• Work to complete: Write out the full listing, matching it line for line.

• Exercise data:
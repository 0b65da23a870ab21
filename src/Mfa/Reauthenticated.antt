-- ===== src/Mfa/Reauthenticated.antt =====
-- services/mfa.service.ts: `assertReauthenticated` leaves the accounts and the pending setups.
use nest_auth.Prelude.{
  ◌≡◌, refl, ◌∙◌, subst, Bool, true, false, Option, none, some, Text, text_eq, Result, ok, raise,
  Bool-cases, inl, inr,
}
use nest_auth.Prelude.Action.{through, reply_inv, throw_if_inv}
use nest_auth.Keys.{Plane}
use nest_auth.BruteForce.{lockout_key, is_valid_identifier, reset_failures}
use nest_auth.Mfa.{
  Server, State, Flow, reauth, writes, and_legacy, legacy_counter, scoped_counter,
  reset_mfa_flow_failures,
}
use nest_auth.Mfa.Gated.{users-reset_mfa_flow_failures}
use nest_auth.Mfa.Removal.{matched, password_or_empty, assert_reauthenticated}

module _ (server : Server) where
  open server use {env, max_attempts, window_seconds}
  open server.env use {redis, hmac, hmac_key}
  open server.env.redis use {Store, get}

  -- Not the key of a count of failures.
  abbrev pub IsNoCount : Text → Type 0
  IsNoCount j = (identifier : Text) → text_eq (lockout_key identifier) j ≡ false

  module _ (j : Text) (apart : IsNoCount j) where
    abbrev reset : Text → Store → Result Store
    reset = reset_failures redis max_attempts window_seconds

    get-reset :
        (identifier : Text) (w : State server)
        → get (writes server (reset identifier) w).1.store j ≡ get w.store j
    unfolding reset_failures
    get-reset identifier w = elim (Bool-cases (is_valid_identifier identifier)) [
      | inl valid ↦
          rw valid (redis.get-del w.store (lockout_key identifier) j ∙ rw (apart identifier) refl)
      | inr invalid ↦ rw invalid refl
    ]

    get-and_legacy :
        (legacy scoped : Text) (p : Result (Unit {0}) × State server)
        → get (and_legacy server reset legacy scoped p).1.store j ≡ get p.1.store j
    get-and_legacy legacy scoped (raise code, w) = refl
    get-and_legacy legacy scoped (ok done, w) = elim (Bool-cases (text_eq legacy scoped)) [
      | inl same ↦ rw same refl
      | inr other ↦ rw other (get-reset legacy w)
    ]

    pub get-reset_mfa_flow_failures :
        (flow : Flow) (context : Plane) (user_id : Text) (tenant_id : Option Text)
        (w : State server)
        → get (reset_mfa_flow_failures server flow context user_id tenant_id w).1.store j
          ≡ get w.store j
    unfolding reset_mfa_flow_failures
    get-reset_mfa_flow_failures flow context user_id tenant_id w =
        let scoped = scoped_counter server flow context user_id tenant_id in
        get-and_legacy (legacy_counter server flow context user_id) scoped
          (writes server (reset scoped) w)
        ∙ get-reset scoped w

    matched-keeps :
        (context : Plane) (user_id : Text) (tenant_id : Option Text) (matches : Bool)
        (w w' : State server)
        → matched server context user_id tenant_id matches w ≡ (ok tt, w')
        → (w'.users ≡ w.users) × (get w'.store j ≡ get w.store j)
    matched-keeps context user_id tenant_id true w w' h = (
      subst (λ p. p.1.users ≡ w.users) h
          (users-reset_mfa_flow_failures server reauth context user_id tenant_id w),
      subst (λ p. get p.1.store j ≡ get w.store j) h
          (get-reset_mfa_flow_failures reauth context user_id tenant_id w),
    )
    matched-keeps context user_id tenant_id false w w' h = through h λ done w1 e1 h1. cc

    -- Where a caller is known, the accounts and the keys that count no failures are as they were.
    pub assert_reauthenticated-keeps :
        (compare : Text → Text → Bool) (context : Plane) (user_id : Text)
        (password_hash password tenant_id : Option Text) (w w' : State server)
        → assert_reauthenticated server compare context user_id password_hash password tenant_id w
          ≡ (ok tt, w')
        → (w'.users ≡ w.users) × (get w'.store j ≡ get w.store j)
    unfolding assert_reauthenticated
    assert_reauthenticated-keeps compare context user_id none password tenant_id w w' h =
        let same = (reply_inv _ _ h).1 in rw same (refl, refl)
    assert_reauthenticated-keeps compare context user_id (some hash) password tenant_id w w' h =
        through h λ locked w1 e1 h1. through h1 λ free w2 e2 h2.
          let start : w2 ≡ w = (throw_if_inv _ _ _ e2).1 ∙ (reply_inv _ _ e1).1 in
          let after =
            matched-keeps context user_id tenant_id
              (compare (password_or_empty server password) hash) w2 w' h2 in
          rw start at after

• Answer:
repository 0b65da23a870ab21
filename src/Mfa/Reauthenticated.antt
-- ===== src/Mfa/Reauthenticated.antt =====
-- services/mfa.service.ts: `assertReauthenticated` leaves the accounts and the pending setups.
use nest_auth.Prelude.{
  ◌≡◌, refl, ◌∙◌, subst, Bool, true, false, Option, none, some, Text, text_eq, Result, ok, raise,
  Bool-cases, inl, inr,
}
use nest_auth.Prelude.Action.{through, reply_inv, throw_if_inv}
use nest_auth.Keys.{Plane}
use nest_auth.BruteForce.{lockout_key, is_valid_identifier, reset_failures}
use nest_auth.Mfa.{
  Server, State, Flow, reauth, writes, and_legacy, legacy_counter, scoped_counter,
  reset_mfa_flow_failures,
}
use nest_auth.Mfa.Gated.{users-reset_mfa_flow_failures}
use nest_auth.Mfa.Removal.{matched, password_or_empty, assert_reauthenticated}

module _ (server : Server) where
  open server use {env, max_attempts, window_seconds}
  open server.env use {redis, hmac, hmac_key}
  open server.env.redis use {Store, get}

  -- Not the key of a count of failures.
  abbrev pub IsNoCount : Text → Type 0
  IsNoCount j = (identifier : Text) → text_eq (lockout_key identifier) j ≡ false

  module _ (j : Text) (apart : IsNoCount j) where
    abbrev reset : Text → Store → Result Store
    reset = reset_failures redis max_attempts window_seconds

    get-reset :
        (identifier : Text) (w : State server)
        → get (writes server (reset identifier) w).1.store j ≡ get w.store j
    unfolding reset_failures
    get-reset identifier w = elim (Bool-cases (is_valid_identifier identifier)) [
      | inl valid ↦
          rw valid (redis.get-del w.store (lockout_key identifier) j ∙ rw (apart identifier) refl)
      | inr invalid ↦ rw invalid refl
    ]

    get-and_legacy :
        (legacy scoped : Text) (p : Result (Unit {0}) × State server)
        → get (and_legacy server reset legacy scoped p).1.store j ≡ get p.1.store j
    get-and_legacy legacy scoped (raise code, w) = refl
    get-and_legacy legacy scoped (ok done, w) = elim (Bool-cases (text_eq legacy scoped)) [
      | inl same ↦ rw same refl
      | inr other ↦ rw other (get-reset legacy w)
    ]

    pub get-reset_mfa_flow_failures :
        (flow : Flow) (context : Plane) (user_id : Text) (tenant_id : Option Text)
        (w : State server)
        → get (reset_mfa_flow_failures server flow context user_id tenant_id w).1.store j
          ≡ get w.store j
    unfolding reset_mfa_flow_failures
    get-reset_mfa_flow_failures flow context user_id tenant_id w =
        let scoped = scoped_counter server flow context user_id tenant_id in
        get-and_legacy (legacy_counter server flow context user_id) scoped
          (writes server (reset scoped) w)
        ∙ get-reset scoped w

    matched-keeps :
        (context : Plane) (user_id : Text) (tenant_id : Option Text) (matches : Bool)
        (w w' : State server)
        → matched server context user_id tenant_id matches w ≡ (ok tt, w')
        → (w'.users ≡ w.users) × (get w'.store j ≡ get w.store j)
    matched-keeps context user_id tenant_id true w w' h = (
      subst (λ p. p.1.users ≡ w.users) h
          (users-reset_mfa_flow_failures server reauth context user_id tenant_id w),
      subst (λ p. get p.1.store j ≡ get w.store j) h
          (get-reset_mfa_flow_failures reauth context user_id tenant_id w),
    )
    matched-keeps context user_id tenant_id false w w' h = through h λ done w1 e1 h1. cc

    -- Where a caller is known, the accounts and the keys that count no failures are as they were.
    pub assert_reauthenticated-keeps :
        (compare : Text → Text → Bool) (context : Plane) (user_id : Text)
        (password_hash password tenant_id : Option Text) (w w' : State server)
        → assert_reauthenticated server compare context user_id password_hash password tenant_id w
          ≡ (ok tt, w')
        → (w'.users ≡ w.users) × (get w'.store j ≡ get w.store j)
    unfolding assert_reauthenticated
    assert_reauthenticated-keeps compare context user_id none password tenant_id w w' h =
        let same = (reply_inv _ _ h).1 in rw same (refl, refl)
    assert_reauthenticated-keeps compare context user_id (some hash) password tenant_id w w' h =
        through h λ locked w1 e1 h1. through h1 λ free w2 e2 h2.
          let start : w2 ≡ w = (throw_if_inv _ _ _ e2).1 ∙ (reply_inv _ _ e1).1 in
          let after =
            matched-keeps context user_id tenant_id
              (compare (password_or_empty server password) hash) w2 w' h2 in
          rw start at after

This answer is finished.